# 2017 hatchback release



## Blasirl (Mar 31, 2015)

Welcome Aboard!

I would at least wait until it warms up before you tear anything apart or buy any parts. I have a Gen I so pardon me if I get something wrong. Make sure to try the remote, make sure the batteries are good, then try the key and also try the external button. If none of that works, go in through the trunk and pull the release. GM probably has a lubricate called out for the mechanism, so use some of that and exercise it.


----------



## Eddie B (Dec 18, 2019)

Ok thanks for the info, I got it to work a couple of times today after it warmed up some. The only button to operate it is the one on the liftgate, but nothing on key fob. And I was wondering if there was another way to open it manually.


----------



## PolarisX (Dec 17, 2017)

I would take a minute while it's open to inspect the mechanism, and also the area where the gasket seals. If it froze shut it might not be running the mechanism properly.

I make a point to clean the sealing area where I wash my hatch because a lot of debris runs down those channels.


----------



## Eddie B (Dec 18, 2019)

Sprayed WD 40 in latch and it didn't seem to make a difference, just difference in temp. Seems to be the switch mechanism itself. Looking for replacement part on Google and just finding up to 2014 so far.


----------



## PolarisX (Dec 17, 2017)

Eddie B said:


> Sprayed WD 40 in latch and it didn't seem to make a difference, just difference in temp. Seems to be the switch mechanism itself. Looking for replacement part on Google and just finding up to 2014 so far.


Is this what you are after? Second one is for the handle itself, third is just the switch.

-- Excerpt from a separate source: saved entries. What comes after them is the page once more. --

-- ===== src/Metrics/Store/Rows.antt =====
-- dashboard/metrics_store.py: the counters as rows of a table, saved and loaded. What SQLite promises
-- of an upsert and of a transaction is `insert`, all of them or none.
pub mod Saving
pub mod Loading
pub mod Soundness
pub mod Restart
use tengen.Prelude.{
  ℕ, zero, suc, ◌+◌, ◌-◌, ◌*◌, ◌/◌, ◌%◌, ◌≤◌, ◌<◌, String, Bool, true, false, not, ◌&&◌, ◌||◌,
  Option, none, some, List, [], ◌∷◌, ◌++◌, ◌≡◌, ◌≢◌, refl, sym, ap, subst, ◌∙◌, ◌⊎◌, inl, inr, ◌↔◌,
  Result, ok, raised, Done, ◌>>=◌, if◌then◌else◌, ◌==◌, eq_iff, arith, map, append-nil,
  append_assoc, is_some, get_or, length, all, any, All, Dict, lookup, insert, eqb, ltb, leb, one_of,
  Bool-cases, Option-cases, type_error, attribute_error, key_error, index_error, value_error,
  runtime_error, is_ok, value_or, some-injective, ok-injective,
}
use tengen.Value.{Value, str, to_text}
use tengen.Text.{cat, partition}
use tengen.Metrics.Store.Keys.{Key, named}
use tengen.Metrics.Store.{
  Counter, Bucket, MetricsStore, bucket_of, with_bucket, put, bucket_name, buckets, bucket_by_name,
}

-- The table, when it was created_table, by its primary key: a value, and when it was written
abbrev pub Table : Type 0
Table = Dict (ℕ × String)

-- A file that SQLite can open now, or cannot
pub record Database : Type 0 where
  pub reachable : Bool
  pub table : Option Table

abbrev pub created_table : Option Table → Table
created_table none = []
created_table (some rows) = rows

unfoldable pub init_db : Database → Database
init_db db = if db.reachable then record db { table = some (created_table db.table) } else db

abbrev pub row_key : Bucket → String → String
row_key b name = cat (bucket_name b) (cat ":" name)

-- `show` prints a key that is not a text.
module _ (show : Value → String) (now : String) where
  unfoldable pub save_bucket : Bucket → Counter → Table → Table
  unfolding to_text
  save_bucket b [] rows = rows
  save_bucket b ((v, n) ∷ c) rows =
      save_bucket b c (insert (row_key b (to_text show v)) (n, now) rows)

  unfoldable pub save_buckets : List Bucket → MetricsStore → Table → Table
  unfolding save_bucket
  save_buckets [] s rows = rows
  save_buckets (b ∷ bs) s rows = save_buckets bs s (save_bucket b (bucket_of b s) rows)

  -- Whatever SQLite raises is logged: a table that was never created_table is not written.
  abbrev save_table : MetricsStore → Option Table → Option Table
  save_table s none = none
  save_table s (some rows) = some (save_buckets buckets s rows)

  unfoldable pub save_to_db : MetricsStore → Database → Database
  unfolding save_buckets
  save_to_db s db = if db.reachable then record db { table = save_table s db.table } else db

abbrev pub load_row : Option Bucket → String → ℕ → MetricsStore → MetricsStore
load_row none name n s = s
load_row (some b) name n s = with_bucket b (put (named name) (str name) n (bucket_of b s)) s

unfoldable pub load_rows : Table → MetricsStore → MetricsStore
unfolding bucket_by_name partition put
load_rows [] s = s
load_rows ((key, (n, _)) ∷ rows) s =
    let (bucket, name) = partition 58 key in
    load_rows rows (load_row (bucket_by_name bucket) name n s)

abbrev load_table : Option Table → MetricsStore → MetricsStore
load_table none s = s
load_table (some rows) s = load_rows rows s

unfoldable pub load_from_db : Database → MetricsStore → MetricsStore
unfolding load_rows
load_from_db db s = if db.reachable then load_table db.table s else s

abbrev pub empty_store : MetricsStore
empty_store = record {
  route_counts = [];
  runbook_success = [];
  runbook_error = [];
  alert_ingested = [];
  dlq_counts = [];
  containment_executed = [];
  normalization_counts = [];
}

-- `__init__`: the store that a process starts with, and the database after it
unfoldable pub start : Database → MetricsStore × Database
unfolding init_db load_from_db
start db = (load_from_db (init_db db) empty_store, init_db db)

-- The snapshot thread: whether it was started, and `_running`
pub record Flusher : Type 0 where
  pub thread : Bool
  pub running : Bool
  pub counters : MetricsStore
  pub file : Database

unfoldable pub start_snapshot_thread : Flusher → Flusher
start_snapshot_thread f = if f.thread then f else record f { thread = true; running = true }

module _ (show : Value → String) (now : String) where
  unfoldable pub stop : Flusher → Flusher
  unfolding save_to_db
  stop f = record f { running = false; file = save_to_db show now f.counters f.file }

  -- One pass of `_flush_loop`, after the sleep
  unfoldable pub flush_pass : Flusher → Flusher
  unfolding save_to_db
  flush_pass f = if f.running then record f { file = save_to_db show now f.counters f.file } else f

Lock Actuator Replaced by Part Number 13524683 13524683 | GMPartsDirect.com


13524683 - Lock Actuator Replaced by Part Number 13524683




www.gmpartsdirect.com










2017-2019 Chevrolet Cruze Liftgate Outside Handle 39131540 | GMPartsDirect.com


2017-2019 Chevrolet Cruze part # 39131540 - Liftgate Outside Handle




www.gmpartsdirect.com










2017-2019 Chevrolet Cruze Liftgate Release Switch 13422270 | GMPartsDirect.com


2017-2019 Chevrolet Cruze part # 13422270 - Liftgate Release Switch




www.gmpartsdirect.com





Total overview of "liftgate"






Liftgate for 2017 Chevrolet Cruze | GMPartsDirect.com







www.gmpartsdirect.com


----------



## snowwy66 (Nov 5, 2017)

Try PB blaster or something better then wd. 

My trunk seems to somewhat struggle when it gets cold also. I have a 17 sedan. And it has only the button and the fob remote.


----------